Changan's establishment sets a new benchmark for optimizing state-owned capital layouts through strategic restructuring, providing a replicable "New Changan Model" for state-owned enterprise reforms. It also positions itself as a core pillar for achieving dual goals of "auto power" and "tech power" through technological leadership in new energy and intelligent connected vehicles.

On December 10, Changan produced its 30 millionth Chinese-brand vehicle, marking a milestone for the new central enterprise and showcasing initial efficiency gains from restructuring.

08 Wave of Integrations and Restructurings: Industry Enters an Era of Systemic Efficiency Competition

In 2025, China's auto industry entered a period of intensive consolidation, shifting from a "quantity-over-quality" brand competition model to a "concentrated efforts for greater outcomes" systemic efficiency competition.

Although the cross-enterprise merger between Dongfeng and Changan did not materialize, the industry consolidation trend became irreversible: Dongfeng initiated internal restructuring, merging Aion Technology with Neuron and Fengshen; Geely accelerated its "One Geely" strategy, completing equity mergers between Zeekr and Lynk & Co, integrating Wingz and Geometry into Galaxy, and privatizing Zeekr to rejoin Geely; GAC Group promoted integrated operations between Aion and Hyper, while NIO dissolved its Firefly and Leo sub-brands, fully integrating them into the NIO ecosystem; Ford China unified its two major sales channels.

This consolidation wave was no accident but an inevitable outcome of industry development at a specific stage.
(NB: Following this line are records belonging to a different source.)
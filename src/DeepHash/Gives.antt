-- ===== src/DeepHash/Gives.antt =====
-- The hashing functions of app/src/parser.c, each against the deep hash of its part of the tree.
use ledger_arweave.Base.{
  ℕ, suc, zero, ◌+◌, ◌≤◌, ◌≡◌, refl, sym, ap, subst, List, [], ◌∷◌, ◌++◌, Option, none, some, Bytes,
  arith, length, length-take, length-drop, take, drop, replicate, All, Option-cases, inl, inr,
}
use ledger_arweave.Status.{
  Step, ok, fail, ParserError, parser_unexpected_error, parser_unexpected_buffer_end, codes, within,
}
use ledger_arweave.Status
use mathlib.Core.List.{map}
use ledger_arweave.Parser.{Element, Tag, Tx}
use ledger_arweave.Parser.Layout.{view_element, view_tag, view_tags}
use ledger_arweave.DeepHash.{
  Hash, DeepHash, zeroed, crypto_sha384, hash_tag, hash_blob, hash_accumulate, hash_chunk,
  get_tag_digest, digest_tags, apply_digest_tags, deliver, combine, tag_text,
}
use ledger_arweave.DeepHash.Tree.{
  Tree, Trees, absorb, blob, node, nil, cons, ◌>>=◌, deep_hash, absorb_all, count, tag_tree,
  tag_trees,
}

-- The code ends as the specification does: with its value, or with `parser_unexpected_error`.
unfoldable pub Gives {ℓ} : {S : Type ℓ} → (S → Bytes) → Step S → Option Bytes → Type 0
Gives get (ok s) (some a) = get s ≡ a
Gives get (fail e s) none = e ≡ parser_unexpected_error
Gives get (ok s) none = ⊥
Gives get (fail e s) (some a) = ⊥

length-take_le : (n : ℕ) (bs : Bytes) → n ≤ length bs → length (take n bs) ≡ n
length-take_le n bs h = omega (arith, length-take n bs)

module _ where
  Gives->>= {ℓ} :
      {S : Type ℓ} (get : S → Bytes) (m : Step S) (f : S → Step S) (o : Option Bytes)
      (g : Bytes → Option Bytes)
      → Gives get m o
      → ((s : S) → Gives get (f s) (g (get s)))
      → Gives get (Status.◌>>=◌ m f) (o >>= g)
  unfolding Gives
  Gives->>= get (ok s) f (some a) g e k = subst (λ (b : Bytes). Gives get (f s) (g b)) e (k s)
  Gives->>= get (ok s) f none g e k = absurd e
  Gives->>= get (fail c s) f (some a) g e k = absurd e
  Gives->>= get (fail c s) f none g e k = e

  Gives-within {ℓ κ} :
      {A : Type ℓ} {S : Type κ} (get : A → Bytes) (get' : S → Bytes) (put : A → S) (m : Step A)
      (f : S → Step S) (o : Option Bytes) (g : Bytes → Option Bytes)
      → Gives get m o
      → ((a : A) → Gives get' (f (put a)) (g (get a)))
      → Gives get' (Status.◌>>=◌ (within put m) f) (o >>= g)
  unfolding Gives
  Gives-within get get' put (ok s) f (some a) g e k =
      subst (λ (b : Bytes). Gives get' (f (put s)) (g b)) e (k s)
  Gives-within get get' put (ok s) f none g e k = absurd e
  Gives-within get get' put (fail c s) f (some a) g e k = absurd e
  Gives-within get get' put (fail c s) f none g e k = e

Gives-deliver :
    (zeros : Bytes) (m : Step DeepHash) (o : Option Bytes)
    → Gives (λ s. s.acc) m o
    → Gives (λ h. h) (deliver zeros m) o
unfolding Gives deliver
Gives-deliver zeros (ok s) (some a) g = g
Gives-deliver zeros (ok s) none g = g
Gives-deliver zeros (fail e s) (some a) g = g
Gives-deliver zeros (fail e s) none g = g

>>=_assoc :
    {A B C : Type 0} (o : Option A) (f : A → Option B) (g : B → Option C)
    → (o >>= λ a. f a >>= g) ≡ ((o >>= f) >>= g)
>>=_assoc none f g = refl
>>=_assoc (some a) f g = refl

>>=-ok_right : {S : Type 0} (m : Step S) → Status.◌>>=◌ m ok ≡ m
>>=-ok_right (ok s) = refl
>>=-ok_right (fail e s) = refl

Step->>=_assoc :
    {S : Type 0} (m : Step S) (f g : S → Step S)
    → Status.◌>>=◌ m (λ s. Status.◌>>=◌ (f s) g) ≡ Status.◌>>=◌ (Status.◌>>=◌ m f) g
Step->>=_assoc (ok s) f g = refl
Step->>=_assoc (fail e s) f g = refl

count-view_tags :
    (memory : Bytes) (n : ℕ) (tags : List Tag)
    → n ≤ length tags
    → count (tag_trees (view_tags memory n tags)) ≡ n
count-view_tags memory zero tags h = refl
count-view_tags memory (suc n) [] h = absurd (omega arith)
count-view_tags memory (suc n) (t ∷ ts) h = ap suc (count-view_tags memory n ts (omega arith))

-- The bytes that `parser_getDigest` reads through an element.
unfoldable pub InMemory : Bytes → Element → Type 0
InMemory memory e = e.ptr + e.len ≤ length memory

unfoldable pub TagInMemory : Bytes → Tag → Type 0
TagInMemory memory t = InMemory memory t.key × InMemory memory t.value

module _ (sha384 : Hash) where
  Gives-crypto_sha384 :
      (input out : Bytes) → Gives (λ h. h) (crypto_sha384 sha384 input out) (sha384 input)
  unfolding crypto_sha384 Gives
  Gives-crypto_sha384 input out = elim (Option-cases (sha384 input)) [
    | inl e ↦ rw e refl
    | inr p ↦ rw p.1 refl
  ]

  Gives-hash_blob :
      (result bytes : Bytes) (n : ℕ)
      → n ≤ length bytes
      → Gives (λ h. h) (hash_blob sha384 result bytes n) (deep_hash sha384 (blob (take n bytes)))
  unfolding hash_blob hash_tag crypto_sha384 Gives deep_hash
  Gives-hash_blob result bytes n h =
      rw (length-take_le n bytes h) (elim (Option-cases (sha384 (tag_text (codes "blob") n))) [
        | inl e ↦ rw e refl
        | inr p ↦ rw p.1 (elim (Option-cases (sha384 (take n bytes))) [
          | inl e ↦ rw e refl
          | inr q ↦ rw q.1 (elim (Option-cases (sha384 (p.0 ++ q.0))) [
            | inl e ↦ rw e refl
            | inr r ↦ rw r.1 refl
          ])
        ])
      ])

  Gives-hash_accumulate :
      (dh : DeepHash) → Gives (λ s. s.acc) (hash_accumulate sha384 dh) (sha384 (dh.acc ++ dh.hash))
  unfolding hash_accumulate crypto_sha384 Gives
  Gives-hash_accumulate dh = elim (Option-cases (sha384 (dh.acc ++ dh.hash))) [
    | inl e ↦ rw e refl
    | inr p ↦ rw p.1 refl
  ]

  -- A hash that is put beside the accumulator, and taken in.
  Gives-absorb :
      (m : Step Bytes) (t : Tree) (dh : DeepHash)
      → Gives (λ h. h) m (deep_hash sha384 t)
      → Gives
          (λ s. s.acc)
          (Status.◌>>=◌ (within (λ h. record dh { hash = h }) m) (hash_accumulate sha384))
          (absorb sha384 dh.acc t)
  Gives-absorb m t dh g =
      Gives-within (λ h. h) (λ s. s.acc) (λ h. record dh { hash = h }) m (hash_accumulate sha384)
        (deep_hash sha384 t) (λ h. sha384 (dh.acc ++ h)) g
        (λ h. Gives-hash_accumulate (record dh { hash = h }))

  absorb_all-cons :
      (acc : Bytes) (t : Tree) (ts : Trees)
      → absorb_all sha384 acc (cons t ts) ≡ (absorb sha384 acc t >>= λ a. absorb_all sha384 a ts)
  unfolding absorb_all
  absorb_all-cons acc t ts = >>=_assoc (deep_hash sha384 t) _ _

  -- The first child of a node, and the others.
  pub Gives-then :
      (acc : Bytes) (m : Step DeepHash) (t : Tree) (ts : Trees) (f : DeepHash → Step DeepHash)
      → Gives (λ s. s.acc) m (absorb sha384 acc t)
      → ((s : DeepHash) → Gives (λ s. s.acc) (f s) (absorb_all sha384 s.acc ts))
      → Gives (λ s. s.acc) (Status.◌>>=◌ m f) (absorb_all sha384 acc (cons t ts))
  Gives-then acc m t ts f g k =
      subst (Gives (λ s. s.acc) (Status.◌>>=◌ m f)) (sym (absorb_all-cons acc t ts))
        (Gives->>= (λ s. s.acc) m f (absorb sha384 acc t) (λ a. absorb_all sha384 a ts) g k)

  Gives-end : (s : DeepHash) → Gives (λ s. s.acc) (ok s) (absorb_all sha384 s.acc nil)
  unfolding Gives absorb_all
  Gives-end s = refl

  pub Gives-last :
      (acc : Bytes) (m : Step DeepHash) (t : Tree)
      → Gives (λ s. s.acc) m (absorb sha384 acc t)
      → Gives (λ s. s.acc) m (absorb_all sha384 acc (cons t nil))
  Gives-last acc m t g =
      subst (λ (m : Step DeepHash). Gives (λ s. s.acc) m (absorb_all sha384 acc (cons t nil)))
        (>>=-ok_right m) (Gives-then acc m t nil ok g Gives-end)

  -- The bootstrap.
  pub Gives-start :
      (out : Bytes) (n : ℕ) (ts : Trees) (f : DeepHash → Step DeepHash)
      → n ≡ count ts
      → ((s : DeepHash) → Gives (λ s. s.acc) (f s) (absorb_all sha384 s.acc ts))
      → Gives
          (λ s. s.acc)
          (Status.◌>>=◌
            (within (λ a. record zeroed { acc = a }) (hash_tag sha384 out (codes "list") n))
            f)
          (deep_hash sha384 (node ts))
  unfolding hash_tag deep_hash
  Gives-start out n ts f e k =
      subst
        (λ (c : ℕ).
          Gives (λ s. s.acc)
            (Status.◌>>=◌
              (within (λ a. record zeroed { acc = a })
                (crypto_sha384 sha384 (tag_text (codes "list") n) out))
              f)
            (sha384 (tag_text (codes "list") c) >>= λ a. absorb_all sha384 a ts))
        e
        (Gives-within (λ h. h) (λ s. s.acc) (λ a. record zeroed { acc = a })
          (crypto_sha384 sha384 (tag_text (codes "list") n) out) f
          (sha384 (tag_text (codes "list") n)) (λ a. absorb_all sha384 a ts)
          (Gives-crypto_sha384 (tag_text (codes "list") n) out)
          (λ a. k (record zeroed { acc = a })))

  pub Gives-hash_chunk :
      (memory : Bytes) (e : Element) (dh : DeepHash)
      → InMemory memory e
      → Gives
          (λ s. s.acc)
          (hash_chunk sha384 memory e dh)
          (absorb sha384 dh.acc (blob (view_element memory e)))
  unfolding hash_chunk InMemory
  Gives-hash_chunk memory e dh h =
      Gives-absorb (hash_blob sha384 dh.hash (drop e.ptr memory) e.len)
        (blob (view_element memory e)) dh
        (Gives-hash_blob dh.hash (drop e.ptr memory) e.len
          (omega (arith, length-drop e.ptr memory)))

  Gives-get_tag_digest :
      (memory : Bytes) (tag : Tag) (digest : Bytes)
      → InMemory memory tag.key × InMemory memory tag.value
      → Gives
          (λ h. h)
          (get_tag_digest sha384 memory tag digest)
          (deep_hash sha384 (tag_tree (view_tag memory tag)))
  unfolding get_tag_digest
  Gives-get_tag_digest memory tag digest h = Gives-deliver (replicate 48 0) _ _ (
      Gives-start zeroed.acc 2
        (cons (blob (view_element memory tag.key))
          (cons (blob (view_element memory tag.value)) nil))
        _ refl
        (λ s.
          Gives-then s.acc _ _ _ _ (Gives-hash_chunk memory tag.key s h.0)
            (λ s. Gives-last s.acc _ _ (Gives-hash_chunk memory tag.value s h.1))))

  Gives-digest_tags :
      (memory : Bytes) (tags : List Tag) (dh : DeepHash)
      → All (TagInMemory memory) tags
      → Gives
          (λ s. s.acc)
          (digest_tags sha384 memory tags dh)
          (absorb_all sha384 dh.acc (tag_trees (map (view_tag memory) tags)))
  unfolding digest_tags TagInMemory
  Gives-digest_tags memory [] dh h = Gives-end dh
  Gives-digest_tags memory (tag ∷ tags) dh h =
      subst
        (λ (m : Step DeepHash).
          Gives (λ s. s.acc) m
            (absorb_all sha384 dh.acc (tag_trees (map (view_tag memory) (tag ∷ tags)))))
        (sym (
          Step->>=_assoc
            (within (λ h. record dh { hash = h }) (get_tag_digest sha384 memory tag dh.hash))
            (hash_accumulate sha384) (digest_tags sha384 memory tags)))
        (Gives-then dh.acc _ _ _ _
          (Gives-absorb (get_tag_digest sha384 memory tag dh.hash) (tag_tree (view_tag memory tag))
            dh (Gives-get_tag_digest memory tag dh.hash h.0))
          (λ s. Gives-digest_tags memory tags s h.1))

  Gives-combine :
      (dh : DeepHash) (m : Step DeepHash) (o : Option Bytes)
      → Gives (λ s. s.acc) m o
      → Gives (λ s. s.acc) (combine sha384 dh m) (o >>= λ h. sha384 (dh.acc ++ h))
  unfolding Gives combine
  Gives-combine dh (ok s) (some a) e =
      subst
        (λ b.
          Gives (λ s. s.acc) (hash_accumulate sha384 (record dh { hash = s.acc }))
            (sha384 (dh.acc ++ b)))
        e (Gives-hash_accumulate (record dh { hash = s.acc }))
  Gives-combine dh (ok s) none e = absurd e
  Gives-combine dh (fail c s) (some a) e = absurd e
  Gives-combine dh (fail c s) none e = e

  pub Gives-apply_digest_tags :
      (memory : Bytes) (v : Tx) (dh : DeepHash)
      → All (TagInMemory memory) (take v.tags_count v.tags)
      → v.tags_count ≤ length v.tags
      → Gives
          (λ s. s.acc)
          (apply_digest_tags sha384 memory v dh)
          (absorb sha384 dh.acc (node (tag_trees (view_tags memory v.tags_count v.tags))))
  unfolding apply_digest_tags
  Gives-apply_digest_tags memory v dh h le = Gives-combine dh _ _ (
      Gives-start zeroed.acc v.tags_count (tag_trees (view_tags memory v.tags_count v.tags)) _
        (sym (count-view_tags memory v.tags_count v.tags le))
        (λ s. Gives-digest_tags memory (take v.tags_count v.tags) s h))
Rising cost pressures and increased R&D investments drove companies to seek resource synergies and cost efficiencies through integration. Market brand counts are expected to continue declining in the coming years, with further concentration anticipated.

09 Approval for L3 Autonomous Driving on Public Roads: Mass Production Applications Enter a New Phase

On December 15, the Ministry of Industry and Information Technology conditionally approved L3 conditional autonomous driving model access for two companies, Chongqing Changan and BAIC BluePark Magna, in its 401st Announcement. Subsequently, the Deepal and Arcfox models completed license plate registrations, officially gaining legal road operation status, marking China's autonomous driving industry's acceleration from technological verification to mass production applications.

The legalization of L3 vehicles not only injects strong momentum into autonomous driving technological innovation and iterative upgrades but also fosters a safe, efficient, and integrated industrial ecosystem. As a critical transition for high-level autonomous driving, L3 mass production applications will accumulate vast real-world driving data, laying the foundation for subsequent technological advancements. Simultaneously, they provide a replicable "Chinese Solution" for autonomous driving commercialization, accelerating the overall upgrade of the intelligent connected vehicle industry.

10 Comprehensive Expansion of Competitive Dimensions: Industry Self-Regulation and Standardization Progress in Parallel

As the industry undergoes accelerated reshuffling, automaker competition has expanded from product technology to ecosystem construction and marketing strategies, continuously broadening the competitive landscape.

Amid head-to-head competition, marketing irregularities surfaced. "Fine-print marketing" faced market backlash for misleading consumers, while NIO's collision test video at its launch event sparked controversy. Multiple corporate leaders publicly criticized industry malpractices: Huawei's Richard Yu cautiously reflected on the excessive pursuit of zero-to-100 km/h acceleration times, while Great Wall Motors' Wei Jianjun highlighted regulatory loopholes in "zero-kilometer used car" exports.

Industry appeals and public oversight ultimately drove substantive regulatory actions. For instance, in response to zero-kilometer used car irregularities, multiple departments jointly issued the "Notice on Further Strengthening Used Car Export Management," proposing six measures to tighten export qualification management, enhance compliance reviews, and promote healthy, sustainable industry development, further standardizing corporate operations and guiding the used car export sector toward compliance and high-quality growth.